What is required:
Once the line with "(starts : Starts)" is found in the data, output it and each following line exactly, up to and including the line with "v.training_data_window_end now config.max_data_stale_hours).0", and nothing before or after.

Supplied records:
^^^^

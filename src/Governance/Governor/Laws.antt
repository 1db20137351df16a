-- ===== src/Governance/Governor/Laws.antt =====
-- The governor: what `predict` answers and records, and whom `set_champion` promotes.
use gpuopt.Base.{
  ℕ, ◌*◌, ◌+◌, ◌≤◌, Bool, true, false, ◌&&◌, ◌≡◌, ◌≢◌, ◌↔◌, ◌⊎◌, refl, sym, subst, Option, none,
  some, List, [], ◌∷◌, any, All, ltb, string_eq, if◌then◌else◌, arith, is_none, Bool-cases,
  Option-cases, inl, inr,
}
use gpuopt.Base.Dict.{lookup}
use gpuopt.Governance.Models.{
  Uuid, action_class_eq, champion, ModelVersion, FallbackConfig, GovernanceConfig,
}
use gpuopt.Governance.Registry.{get, get_champion, get_challenger, promote_challenger}
use gpuopt.Governance.Registry.Laws.{IsSound}
use gpuopt.Governance.Registry.Promotion.{with_status, challenger_at, promote_challenger_effect}
use gpuopt.Governance.Approval.{requires_approval}
use gpuopt.Governance.Fallback.{
  Starts, Reason, low_confidence, drift, stale_data, forced_recovery_check, no_reason, is_stale,
  overdue, should_fallback,
}
use gpuopt.Governance.Governor.{Governor, is_expired, set_champion}

-- The version may be made champion: it is approved if it has to be, and not expired.
abbrev pub MayLead : GovernanceConfig → ℕ → ModelVersion → Type 0
MayLead config now u =
    ((requires_approval config u ≡ true) → u.approved_by ≢ none)
    × ((t : ℕ) → u.certified_until ≡ some t → now ≤ t)

lacks_iff :
    {A : Type 0} (b : Bool) (o : Option A) → ((b && is_none o) ≡ false) ↔ ((b ≡ true) → o ≢ none)
lacks_iff false o = ((λ h e. absurd cc), (λ h. refl))
lacks_iff true none = ((λ h. absurd cc), (λ h. absurd (h refl refl)))
lacks_iff true (some a) = ((λ h e q. cc), (λ h. refl))

is_expired_iff :
    (o : Option ℕ) (now : ℕ) → (is_expired o now ≡ false) ↔ ((t : ℕ) → o ≡ some t → now ≤ t)
is_expired_iff none now = ((λ h t e. absurd cc), (λ h. refl))
is_expired_iff (some u) now = (
  (λ h t e. let same : u ≡ t = cc in subst (λ z. now ≤ z) same (ground arith)),
  (λ h. let bound = h u refl in ground arith),
)

-- What a promotion finds: a version under the id that may lead, and a challenger of its class.
abbrev pub Promotable : GovernanceConfig → Uuid → ℕ → Governor → ModelVersion → Type 0
Promotable config vid now g v =
    (u : ModelVersion) × (get vid g.registry ≡ some u)
    × MayLead config now u
    × (get_challenger u.action_class g.registry ≡ some v)

module _ (config : GovernanceConfig) (vid : Uuid) (now : ℕ) (g : Governor) where
  -- Whatever the guards find, the call promotes a challenger or changes nothing.
  promotes_or_refuses :
      IsSound g.registry
      → ((set_champion config vid now g ≡ (none, g))
          × ((v : ModelVersion) → ¬ Promotable config vid now g v))
        ⊎ ((v : ModelVersion) × Promotable config vid now g v
            × ((set_champion config vid now g).0 ≡ some (with_status champion now v))
            × (get_champion v.action_class (set_champion config vid now g).1.registry
                ≡ some (with_status champion now v)))
  unfolding set_champion promote_challenger
  promotes_or_refuses h = elim (Option-cases (get vid g.registry)) [
    | inl gone ↦ inl (rw (gone, set_champion) refl, (λ v (u, e, m, c). absurd cc))
    | inr (u, found) ↦
        let lacks = lacks_iff (requires_approval config u) u.approved_by in
        let old = is_expired_iff u.certified_until now in
        elim (Bool-cases (requires_approval config u && is_none u.approved_by)) [
          | inl no_approval ↦ inl (
            rw (found, set_champion) (rw (no_approval) refl),
            (λ v (w, e, m, c).
                let same : w ≡ u = cc in
                let p = lacks.1 (subst (λ z. MayLead config now z) same m).0 in absurd cc),
          )
          | inr ok ↦ elim (Bool-cases (is_expired u.certified_until now)) [
            | inl out ↦ inl (
              rw (found, set_champion) (rw (ok) (rw (out) refl)),
              (λ v (w, e, m, c).
                  let same : w ≡ u = cc in
                  let p = old.1 (subst (λ z. MayLead config now z) same m).1 in absurd cc),
            )
            | inr valid ↦ elim (Option-cases (get_challenger u.action_class g.registry)) [
              | inl nobody ↦ inl (
                rw (found, set_champion)
                    (rw (ok) (rw (valid) (rw (nobody, promote_challenger) refl))),
                (λ v (w, e, m, c).
                    let same : w ≡ u = cc in
                    let c' =
                      subst
                        (λ (z : ModelVersion). get_challenger z.action_class g.registry ≡ some v)
                        same c in
                    absurd cc),
              )
              | inr (v, chal) ↦
                  let (a, b, d, f) =
                    promote_challenger_effect u.action_class now g.registry v h chal in
                  let class = (challenger_at u.action_class g.registry v h chal).2 in
                  let leads : get_champion v.action_class
                        (promote_challenger u.action_class now g.registry).1
                      ≡ some (with_status champion now v) =
                    subst
                      (λ k.
                        get_champion k (promote_challenger u.action_class now g.registry).1
                        ≡ some (with_status champion now v))
                      (sym class) b in
                  inr (
                    v,
                    (u, found, (lacks.0 ok, old.0 valid), chal),
                    rw (found, set_champion) (rw (ok) (rw (valid) a)),
                    rw (found, set_champion) (rw (ok) (rw (valid) leads)),
                  )
            ]
          ]
        ]
  ]

  one_challenger :
      (v w : ModelVersion) → Promotable config vid now g v → Promotable config vid now g w → v ≡ w
  one_challenger v w (u, e, m, c) (u', e', m', c') =
      let same : u' ≡ u = cc in
      let c'' =
        subst (λ (z : ModelVersion). get_challenger z.action_class g.registry ≡ some w) same c' in
      cc

  -- In a sound registry, a call of `set_champion` for a stored version that is approved, if its
  -- class needs that, and whose certificate has not run out promotes the challenger of the class,
  -- if there is one, whether or not the challenger itself is approved or certified: the challenger
  -- is answered as champion and is the class's champion afterwards. Any other call is refused and
  -- changes nothing.
  pub set_champion_exact :
      IsSound g.registry
      → ((v : ModelVersion)
          → Promotable config vid now g v
          → ((set_champion config vid now g).0 ≡ some (with_status champion now v))
            × (get_champion v.action_class (set_champion config vid now g).1.registry
                ≡ some (with_status champion now v)))
        × (((v : ModelVersion) → ¬ Promotable config vid now g v)
            → set_champion config vid now g ≡ (none, g))
  set_champion_exact h = elim (promotes_or_refuses h) [
    | inl (refused, nobody) ↦ ((λ v p. absurd (nobody v p)), (λ n. refused))
    | inr (w, found, answered, leads) ↦ (
      (λ v p.
          let same = one_challenger w v found p in
          subst
            (λ (z : ModelVersion).
              ((set_champion config vid now g).0 ≡ some (with_status champion now z))
              × (get_champion z.action_class (set_champion config vid now g).1.registry
                  ≡ some (with_status champion now z)))
            same (answered, leads)),
      (λ n. absurd (n w found)),
    )
  ]

-- A version that needs an approval and has none, or whose certificate has run out, is refused and
-- changes nothing.
pub set_champion_refuses :
    (config : GovernanceConfig) (vid : Uuid) (now : ℕ) (g : Governor) (u : ModelVersion)
    → get vid g.registry ≡ some u
    → ((requires_approval config u ≡ true) × (u.approved_by ≡ none))
      ⊎ (is_expired u.certified_until now ≡ true)
    → set_champion config vid now g ≡ (none, g)
unfolding set_champion
set_champion_refuses config vid now g u e (inl (needs, lacks)) =
    rw (e, set_champion) (rw (needs) (rw (lacks) refl))
set_champion_refuses config vid now g u e (inr old) =
    rw (e, set_champion)
      (elim (Bool-cases (requires_approval config u && is_none u.approved_by)) [
        | inl b ↦ rw (b) refl
        | inr b ↦ rw (b) (rw (old) refl)
      ])

-- The version is to be trusted with this confidence and these drift scores.
abbrev pub IsFit : FallbackConfig → ModelVersion → ℕ → List ℕ → ℕ → Type 0
IsFit config v confidence drift_scores now =
    (config.confidence_threshold ≤ confidence)
    × All (λ s. s ≤ config.drift_score_threshold) drift_scores
    × ((t : ℕ) → v.training_data_window_end ≡ some t → now ≤ t + config.max_data_stale_hours * 3600)

any_above :
    (limit : ℕ) (scores : List ℕ)
    → (any (λ s. ltb limit s) scores ≡ false) ↔ All (λ s. s ≤ limit) scores
any_above limit [] = ((λ h. tt), (λ h. refl))
any_above limit (s ∷ scores) = (
  (λ h. ((let b : s ≤ limit = ground arith in b), (any_above limit scores).0 (ground arith))),
  (λ (h : (s ≤ limit) × All (λ s. s ≤ limit) scores).
      let rest = (any_above limit scores).1 h.1 in let here = h.0 in ground arith),
)

stale_iff :
    (o : Option ℕ) (now hours : ℕ)
    → (is_stale o now hours ≡ false) ↔ ((t : ℕ) → o ≡ some t → now ≤ t + hours * 3600)
stale_iff none now hours = ((λ h t e. absurd cc), (λ h. refl))
stale_iff (some u) now hours = (
  (λ h t e. let same : u ≡ t = cc in subst (λ z. now ≤ z + hours * 3600) same (ground arith)),
  (λ h. let bound = h u refl in ground arith),
)

-- The verdict of a chain of three tests, whatever is left after them.
verdict : Bool → Bool → Bool → Bool × Reason → Bool × Reason
verdict a b c rest =
    if a
    then (true, low_confidence)
    else if b
    then (true, drift)
    else if c
    then (true, stale_data)
    else rest

verdict_iff :
    (a b c : Bool) (rest : Bool × Reason)
    → rest.0 ≡ false
    → ((verdict a b c rest).0 ≡ false) ↔ ((a ≡ false) × (b ≡ false) × (c ≡ false))
unfolding verdict
verdict_iff true b c rest h = ((λ e. absurd cc), (λ (e, f, g). absurd cc))
verdict_iff false true c rest h = ((λ e. absurd cc), (λ (e, f, g). absurd cc))
verdict_iff false false true rest h = ((λ e. absurd cc), (λ (e, f, g). absurd cc))
verdict_iff false false false rest h = ((λ e. (refl, refl, refl)), (λ e. h))

tail_of : Bool → Bool × Reason
tail_of overdue = if overdue then (false, forced_recovery_check) else (false, no_reason)

tail_of-false : (b : Bool) → (tail_of b).0 ≡ false
unfolding tail_of
tail_of-false true = refl
tail_of-false false = refl

-- Without the switch there is never a reason to fall back, and with it there is none exactly for a
-- fit champion.
pub should_fallback_iff :
    (config : FallbackConfig) (v : ModelVersion) (confidence : ℕ) (drift_scores : List ℕ) (now : ℕ)
    (starts : Starts)
    → ((should_fallback config v confidence drift_scores now starts).0 ≡ false)
      ↔ ((config.enabled ≡ true) → IsFit config v confidence drift_scores now)
unfolding should_fallback verdict tail_of
should_fallback_iff config v confidence drift_scores now starts = elim (Bool-cases config.enabled) [
  | inl on ↦
      let low = ltb confidence config.confidence_threshold in
      let drifted = any (λ s. ltb config.drift_score_threshold s) drift_scores in
      let stale = is_stale v.training_data_window_end now config.max_data_stale_hours in
      let rest = overdue (lookup v.action_class starts) now config.max_fallback_duration_hours in
      let parts = verdict_iff low drifted stale (tail_of rest) (tail_of-false rest) in
      rw (on, should_fallback)
        (
          (λ h e.
              let (a, b, c) = parts.0 h in
              (
                ground arith,
                (any_above config.drift_score_threshold drift_scores).0 b,
                (stale_iff v.training_data_window_end now config.max_data_stale_hours).0 c,
              )),
          (λ h.
              let (a, b, c) = h refl in
              parts.1 (
                ground arith,
                (any_above config.drift_score_threshold drift_scores).1 b,
                (stale_iff v.training_data_window_end now config.max_data_stale_hours).1 c,
              )),
        )
  | inr off ↦ rw (off, should_fallback) ((λ h e. absurd cc), (λ h. refl))
]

^^^^

Task output:
    (starts : Starts)
    → ((should_fallback config v confidence drift_scores now starts).0 ≡ false)
      ↔ ((config.enabled ≡ true) → IsFit config v confidence drift_scores now)
unfolding should_fallback verdict tail_of
should_fallback_iff config v confidence drift_scores now starts = elim (Bool-cases config.enabled) [
  | inl on ↦
      let low = ltb confidence config.confidence_threshold in
      let drifted = any (λ s. ltb config.drift_score_threshold s) drift_scores in
      let stale = is_stale v.training_data_window_end now config.max_data_stale_hours in
      let rest = overdue (lookup v.action_class starts) now config.max_fallback_duration_hours in
      let parts = verdict_iff low drifted stale (tail_of rest) (tail_of-false rest) in
      rw (on, should_fallback)
        (
          (λ h e.
              let (a, b, c) = parts.0 h in
              (
                ground arith,
                (any_above config.drift_score_threshold drift_scores).0 b,
                (stale_iff v.training_data_window_end now config.max_data_stale_hours).0 c,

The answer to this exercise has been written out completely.